Convolution sits at the heart of modern machine learning—especially convolutional neural networks (CNNs)—yet the underlying mathematics is often hidden behind highly optimised implementations in PyTorch, TensorFlow, and other frameworks. As a result, many of the properties that make convolution such a powerful building block for deep learning become obscured, particularly when we try to reason about model behaviour or debug a failing architecture.

If you know the convolution theorem, a natural question arises:

Why don’t CNNs simply compute a Fourier transform of the input and kernel, multiply them in the frequency domain, and invert the result? Wouldn’t that be simpler and faster?

This blog post addresses exactly that question. We will see that:

  1. FFT-based convolution is not local.
    In the Fourier domain every coefficient depends on every input pixel. This destroys the locality structure that CNNs rely on to learn hierarchical, spatially meaningful features. As a result, it breaks the very inductive bias that makes CNNs effective.

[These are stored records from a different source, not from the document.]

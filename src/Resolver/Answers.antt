-- ===== src/Resolver/Answers.antt =====
-- What the pool of connections answers to internal/resolver/resolver.go: `scanRows`, and the columns of
-- an aggregate. The pool is the interface `Pool`; an error is no value.
use graphpost.Prelude.{ℕ, String, List, [], ◌∷◌, Bool, Option, none, some, length, if◌then◌else◌}
use graphpost.Prelude.Int.{ℤ}
use graphpost.Prelude.Text.{cut_prefix}
use graphpost.Json.{Value, str}
use graphpost.Maps.{GoMap, put}
use graphpost.Resolver.Sql.{Statement}

-- A value of a row: bytes, or any other.
pub data DbValue : Type 0 where
  bytes : String → DbValue
  other : Value → DbValue

-- The rows of an answer: one whose values cannot be read is no value. `is_broken` is that `rows.Err()`
-- is not nil.
pub record Answered : Type 0 where
  pub columns : List String
  pub rows : List (Option (List DbValue))
  pub is_broken : Bool

-- `count` is `QueryRow` with a `Scan` into an int, and `unmarshal` is `json.Unmarshal`.
pub record Pool : Type 0 where
  pub query : Statement → Option Answered
  pub count : Statement → Option ℤ
  pub unmarshal : String → Option Value

abbrev pub ResultRow : Type 0
ResultRow = GoMap Value

-- The columns of an aggregate, by their function, with the values as they come.
pub record AggregateFields : Type 0 where
  pub min : GoMap DbValue
  pub max : GoMap DbValue
  pub sum : GoMap DbValue
  pub avg : GoMap DbValue
  pub stddev : GoMap DbValue
  pub variance : GoMap DbValue

pub data Reply : Type 0 where
  rows_reply : List ResultRow → Reply
  row_reply : Option ResultRow → Reply
  affected : ℕ → List ResultRow → Reply
  aggregate_reply : ℤ → List ResultRow → AggregateFields → Reply

abbrev pub no_fields : AggregateFields
no_fields = record { min = []; max = []; sum = []; avg = []; stddev = []; variance = [] }

-- A column of the answer goes to the map of the prefix of its name.
unfoldable pub organize_column : String → DbValue → AggregateFields → AggregateFields
organize_column name v fs = elim (cut_prefix "min_" name) [
  | some c ↦ record fs { min = put c v fs.min }
  | none ↦ elim (cut_prefix "max_" name) [
    | some c ↦ record fs { max = put c v fs.max }
    | none ↦ elim (cut_prefix "sum_" name) [
      | some c ↦ record fs { sum = put c v fs.sum }
      | none ↦ elim (cut_prefix "avg_" name) [
        | some c ↦ record fs { avg = put c v fs.avg }
        | none ↦ elim (cut_prefix "stddev_" name) [
          | some c ↦ record fs { stddev = put c v fs.stddev }
          | none ↦ elim (cut_prefix "variance_" name) [
            | some c ↦ record fs { variance = put c v fs.variance }
            | none ↦ fs
          ]
        ]
      ]
    ]
  ]
]

unfoldable pub organize : List (String × DbValue) → AggregateFields → AggregateFields
unfolding organize_column
organize [] fs = fs
organize ((name, v) ∷ columns) fs = organize columns (organize_column name v fs)

-- The first of the rows, if there is one.
abbrev pub first_reply : Option (List ResultRow) → Option Reply
first_reply none = none
first_reply (some []) = some (row_reply none)
first_reply (some (row ∷ rows)) = some (row_reply (some row))

abbrev pub affected_reply : Option (List ResultRow) → Option Reply
affected_reply none = none
affected_reply (some rows) = some (affected (length rows) rows)

abbrev pub all_reply : Option (List ResultRow) → Option Reply
all_reply none = none
all_reply (some rows) = some (rows_reply rows)

named_values : List String → List DbValue → List (String × DbValue)
named_values (name ∷ names) (v ∷ values) = (name, v) ∷ named_values names values
named_values _ _ = []

fields_of_rows : List String → List (Option (List DbValue)) → Option AggregateFields
unfolding organize named_values
fields_of_rows names [] = some no_fields
fields_of_rows names (none ∷ rows) = none
fields_of_rows names (some values ∷ rows) = some (organize (named_values names values) no_fields)

-- Only the first row is read; no row is no fields.
unfoldable pub fields_of : Option Answered → Option AggregateFields
unfolding fields_of_rows
fields_of none = none
fields_of (some answer) = fields_of_rows answer.columns answer.rows

module _ (pool : Pool) where
  -- Bytes that are JSON become its value, and others a text.
  cell_value : DbValue → Value
  cell_value (bytes s) = elim (pool.unmarshal s) [ none ↦ str s | some v ↦ v ]
  cell_value (other v) = v

  scan_row : List String → List DbValue → ResultRow → ResultRow
  unfolding cell_value
  scan_row (name ∷ names) (v ∷ values) row = scan_row names values (put name (cell_value v) row)
  scan_row _ _ row = row

  scan_each : List String → Bool → List (Option (List DbValue)) → Option (List ResultRow)
  unfolding scan_row
  scan_each names is_broken [] = if is_broken then none else some []
  scan_each names is_broken (none ∷ rows) = none
  scan_each names is_broken (some values ∷ rows) = elim (scan_each names is_broken rows) [
    | none ↦ none
    | some results ↦ some (scan_row names values [] ∷ results)
  ]

  unfoldable pub scan_rows : Answered → Option (List ResultRow)
  unfolding scan_each
  scan_rows a = scan_each a.columns a.is_broken a.rows

  -- `pool.Query` and `scanRows`.
  unfoldable pub query_rows : Statement → Option (List ResultRow)
  unfolding scan_rows
  query_rows s = elim (pool.query s) [ none ↦ none | some answer ↦ scan_rows answer ]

  2. FFT-based convolution is not computationally cheaper in neural networks.
    Although FFTs are asymptotically efficient, they must be recomputed on every forward and backward pass—and the cost of repeatedly transforming inputs, kernels, and gradients outweighs any benefit from spectral multiplication.

By the end of this post, we’ll have a clear, explicit comparison—both in matrix form and via backpropagation—showing why CNNs deliberately perform convolution in the spatial domain. Any practioner of signal processing should also be interested in knowing when the “locality” property is useful and when it is not!

1-D Convolution

Let us start with the most basic form of convolution, the 1D convolution. In this case you have a filter (which is nothing but a sequence of numbers) that you want to multiply with your signal in order to produce another signal which is hopefully more interesting to you. For example, in your headphones, you want to multiply a set of numbers with the music signal such that the resulting signal is more music than the wailing baby 1 row behind you.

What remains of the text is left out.